BEGIN DATA SUPPLIED

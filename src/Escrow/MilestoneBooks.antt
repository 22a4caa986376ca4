-- ===== src/Escrow/MilestoneBooks.antt =====
-- What the release and the delivery of a milestone do to the books.
use sthrip.Base.{
  ℕ, ◌≡◌, ◌+◌, ◌≤◌, none, some, [], inl, inr, ◌∷◌, arith, true, refl, or_default, Bool-cases,
  Option-cases, length, ◌==◌, ap, ==→eq,
}
use mathlib.Core.Path.{subst}
use sthrip.Base.Int.{ℤ, pos, ◌+ℤ◌, ◌-ℤ◌, int_laws, parts}
use sthrip.Base.Table.{Table, find, set, find-set_self, sum, sum-set, All, find-All}
use sthrip.Models.Parties.{xmr, FeeSource}
use sthrip.Models.Milestone
use sthrip.Models.Milestone.{EscrowMilestone, MilestoneStatus}
use sthrip.Models.Escrow.{EscrowDeal, EscrowStatus}
use sthrip.Models.Database.{Db}
use sthrip.Ledger.Held.{counted, counted-sub, counted-add, held-paid}
use sthrip.Ledger.Rows.{paid}
use sthrip.Fees.{fee_sum-with_fee}
use sthrip.Accounting.{in_escrow, assets, open_amount, open_milestone, escrowed}
use sthrip.Escrow.MilestoneRepo.{delivered, released}
use sthrip.Escrow.Trust.{fee_of, fee_of_bounds}
use sthrip.Escrow.Milestones.{completed_count, deliver_milestone, release_milestone}
use sthrip.Base.Keys.{Distinct, set-Distinct, length-set}
use sthrip.Escrow.WellFormed.{IsWellFormed}
use sthrip.Escrow.Conservation.{assets-set_same, activated-open_amount}
use sthrip.Escrow.MilestoneOutcomes.{
  delivered_parts, deliver_milestone_outcome, deliver_milestone_unknown, Releasable, released_state,
  release_milestone_outcome, release_milestone_unknown, with_parts, started, ends_with,
  after_release,
}

completed_count-le : (seq : ℕ) (ms : Table EscrowMilestone) → completed_count seq ms ≤ length ms
unfolding completed_count
completed_count-le seq [] = omega arith
completed_count-le seq ((n, m) ∷ ms) = ground (arith, completed_count-le seq ms)

-- If as many milestones are complete as there are, nothing is open.
nothing_open :
    (seq : ℕ) (ms : Table EscrowMilestone)
    → Distinct ms
    → length ms ≤ completed_count seq ms
    → ((m : EscrowMilestone) → find seq ms ≡ some m → open_milestone m ≡ pos 0)
    → open_amount ms ≡ pos 0
unfolding completed_count find sum
nothing_open seq [] ds h z = refl
nothing_open seq ((n, m) ∷ ms) (d, ds) h z =
    let later : (o : EscrowMilestone) → find seq ms ≡ some o → open_milestone o ≡ pos 0 = λ o eo.
      elim (Bool-cases (n == seq)) [
        | inl same ↦
            let gone : find seq ms ≡ none = subst (λ k. find k ms ≡ none) (==→eq n seq same) d in
            ground arith
        | inr other ↦ z o (rw other eo)
      ] in
    let rest = nothing_open seq ms ds (ground (arith, completed_count-le seq ms)) later in
    let here : open_milestone m ≡ pos 0 = ground (arith, z m, completed_count-le seq ms) in
    omega (int_laws, parts here, parts rest)

-- Starting the next milestone leaves what is open.
started-open_amount :
    (now n : ℕ) (ms : Table EscrowMilestone)
    → open_amount (started now n (find n ms) ms) ≡ open_amount ms
started-open_amount now n ms = elim (Option-cases (find n ms)) [
  | inl e ↦ rw e
  | inr (m, e) ↦ elim (Bool-cases (Milestone.is_pending m.status)) [
    | inl p ↦
        let pend : m.status ≡ MilestoneStatus.pending = ground arith in
        rw (e, p) (activated-open_amount now n ms m e pend)
    | inr p ↦ rw (e, p)
  ]
]

-- What is open falls by the milestone that was released.
released-open_amount :
    (now seq : ℕ) (amount fee : ℤ) (m : EscrowMilestone) (ms : Table EscrowMilestone)
    → find seq ms ≡ some m
    → m.status ≡ MilestoneStatus.delivered
    → open_amount (set seq (released now amount fee m) ms) +ℤ m.amount ≡ open_amount ms
released-open_amount now seq amount fee m ms e st =
    let was : open_milestone m ≡ m.amount = rw st in
    omega
      (int_laws, parts was, parts (sum-set open_milestone seq (released now amount fee m) m ms e))

-- The deal that is left holds what it held before, less the milestone.
after_release-escrowed :
    (now seq : ℕ) (amount fee : ℤ) (m : EscrowMilestone) (d : EscrowDeal)
    → IsWellFormed d
    → d.is_multi_milestone ≡ true
    → d.status ≡ EscrowStatus.accepted
    → find seq d.milestones ≡ some m
    → m.status ≡ MilestoneStatus.delivered
    → escrowed (
          after_release now seq amount fee
            (with_parts (set seq (released now amount fee m) d.milestones) d))
        +ℤ m.amount
      ≡ escrowed d
after_release-escrowed now seq amount fee m d w multi st em sm =
    let ms = set seq (released now amount fee m) d.milestones in
    let fell = released-open_amount now seq amount fee m d.milestones em sm in
    elim (Bool-cases (ends_with seq (with_parts ms d))) [
      | inl last ↦
          let counted_all : length ms ≤ completed_count seq ms = ground (
            arith,
            w.parts_counted multi,
            length-set seq (released now amount fee m) d.milestones,
          ) in
          let none_left =
            nothing_open seq ms
              (set-Distinct seq (released now amount fee m) d.milestones w.parts_distinct)
              counted_all
              (λ o eo.
                ground (arith, find-set_self seq (released now amount fee m) m d.milestones em)) in
          rw (last, multi, st) (omega (int_laws, parts fell, parts none_left))
      | inr more ↦
          rw (more, multi, st)
            (omega (int_laws, parts fell, parts (started-open_amount now (seq + 1) ms)))
    ]

after_release-token :
    (now seq : ℕ) (amount fee : ℤ) (d : EscrowDeal)
    → (after_release now seq amount fee d).token ≡ d.token
after_release-token now seq amount fee d = ground arith

pub after_release-in_escrow :
    (u now seq : ℕ) (amount fee : ℤ) (m : EscrowMilestone) (d : EscrowDeal)
    → IsWellFormed d
    → d.is_multi_milestone ≡ true
    → d.status ≡ EscrowStatus.accepted
    → find seq d.milestones ≡ some m
    → m.status ≡ MilestoneStatus.delivered
    → in_escrow u (
          after_release now seq amount fee
            (with_parts (set seq (released now amount fee m) d.milestones) d))
        +ℤ counted u (or_default d.token xmr) m.amount
      ≡ in_escrow u d
unfolding in_escrow
after_release-in_escrow u now seq amount fee m d w multi st em sm =
    let t = or_default d.token xmr in
    let d' =
      after_release now seq amount fee
        (with_parts (set seq (released now amount fee m) d.milestones) d) in
    let same : in_escrow u d' ≡ counted u t (escrowed d') = rw (
      after_release-token now seq amount fee
        (with_parts (set seq (released now amount fee m) d.milestones) d)) in
    omega (
      int_laws,
      parts same,
      parts (counted-add u t (escrowed d') m.amount),
      parts (ap (counted u t) (after_release-escrowed now seq amount fee m d w multi st em sm)),
    )

released_state-assets :
    (u now id seq buyer : ℕ) (amount : ℤ) (m : EscrowMilestone) (d : EscrowDeal) (db : Db)
    → find id db.deals ≡ some d
    → find seq d.milestones ≡ some m
    → IsWellFormed d
    → Releasable buyer amount m d
    → assets u (released_state now id seq amount m d db) ≡ assets u db
unfolding assets
released_state-assets u now id seq buyer amount m d db e em w (st, multi, b, sm, lo, hi) =
    let fee = fee_of amount d.fee_percent in
    let t = or_default d.token xmr in
    let d' = with_parts (set seq (released now amount fee m) d.milestones) d in
    let bounds = fee_of_bounds amount d.fee_percent lo w.rate_fits in
    let rows = paid now d.seller_id (amount -ℤ fee) t db.balances in
    omega (
      int_laws,
      parts (held-paid u now d.seller_id t (amount -ℤ fee) db.balances (omega int_laws)),
      parts (held-paid u now d.buyer_id t (m.amount -ℤ amount) rows (omega int_laws)),
      parts (fee_sum-with_fee u FeeSource.escrow id t fee db.fees bounds.0),
      parts (sum-set (in_escrow u) id d' d db.deals e),
      parts (
          sum-set (in_escrow u) id (after_release now seq amount fee d') d' (set id d' db.deals)
            (find-set_self id d' d db.deals e)),
      parts (after_release-in_escrow u now seq amount fee m d w multi st em sm),
      parts (counted-sub u t amount fee),
      parts (counted-sub u t m.amount amount),
    )

-- Where the deals are well formed, the release of a milestone, and each way to refuse it, keeps the
-- books of every token.
pub release_milestone-assets :
    (u now id seq buyer : ℕ) (amount : ℤ) (db : Db)
    → All IsWellFormed db.deals
    → assets u (release_milestone now id seq buyer amount db).1 ≡ assets u db
release_milestone-assets u now id seq buyer amount db ws = elim (Option-cases (find id db.deals)) [
  | inl e ↦ unfold release_milestone in (rw e refl)
  | inr (d, e) ↦ elim (Option-cases (find seq d.milestones)) [
    | inl em ↦ rw ((release_milestone_unknown now id seq buyer amount d db e em).1)
    | inr (m, em) ↦ elim (release_milestone_outcome now id seq buyer amount m d db e em) [
      | inl (ready, done) ↦ rw done (
          released_state-assets u now id seq buyer amount m d db e em
            (find-All IsWellFormed id d db.deals ws e) ready)
      | inr (_, _, same) ↦ rw same
    ]
  ]
]

delivered_parts-in_escrow :
    (u now seq : ℕ) (m : EscrowMilestone) (d : EscrowDeal)
    → d.is_multi_milestone ≡ true
    → d.status ≡ EscrowStatus.accepted
    → find seq d.milestones ≡ some m
    → m.status ≡ MilestoneStatus.active
    → in_escrow u (delivered_parts now seq m d) ≡ in_escrow u d
unfolding in_escrow
delivered_parts-in_escrow u now seq m d multi st em sm =
    let m' = delivered now m.review_timeout_hours m in
    let was : open_milestone m ≡ m.amount = rw sm in
    let same : open_amount (set seq m' d.milestones) ≡ open_amount d.milestones =
      omega (int_laws, parts was, parts (sum-set open_milestone seq m' m d.milestones em)) in
    rw (multi, st) (ap (counted u (or_default d.token xmr)) same)

-- Delivering a milestone moves no money.
pub deliver_milestone-assets :
    (u now id seq seller : ℕ) (db : Db)
    → assets u (deliver_milestone now id seq seller db).1 ≡ assets u db
deliver_milestone-assets u now id seq seller db = elim (Option-cases (find id db.deals)) [
  | inl e ↦ unfold deliver_milestone in (rw e refl)
  | inr (d, e) ↦ elim (Option-cases (find seq d.milestones)) [
    | inl em ↦ rw ((deliver_milestone_unknown now id seq seller d db e em).1)
    | inr (m, em) ↦ elim (deliver_milestone_outcome now id seq seller m d db e em) [
      | inl ((st, multi, _, sm), done) ↦ rw done (
          assets-set_same u id d (delivered_parts now seq m d) _ db e
            (delivered_parts-in_escrow u now seq m d multi st em sm))
      | inr (_, _, same) ↦ rw same
    ]
  ]
]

END DATA SUPPLIED

__PROBLEM__: List all lines above in which the string "Models" appears.

__EXERCISE RESPONSE__:
use sthrip.Models.Parties.{xmr, FeeSource}
use sthrip.Models.Milestone
use sthrip.Models.Milestone.{EscrowMilestone, MilestoneStatus}
use sthrip.Models.Escrow.{EscrowDeal, EscrowStatus}
use sthrip.Models.Database.{Db}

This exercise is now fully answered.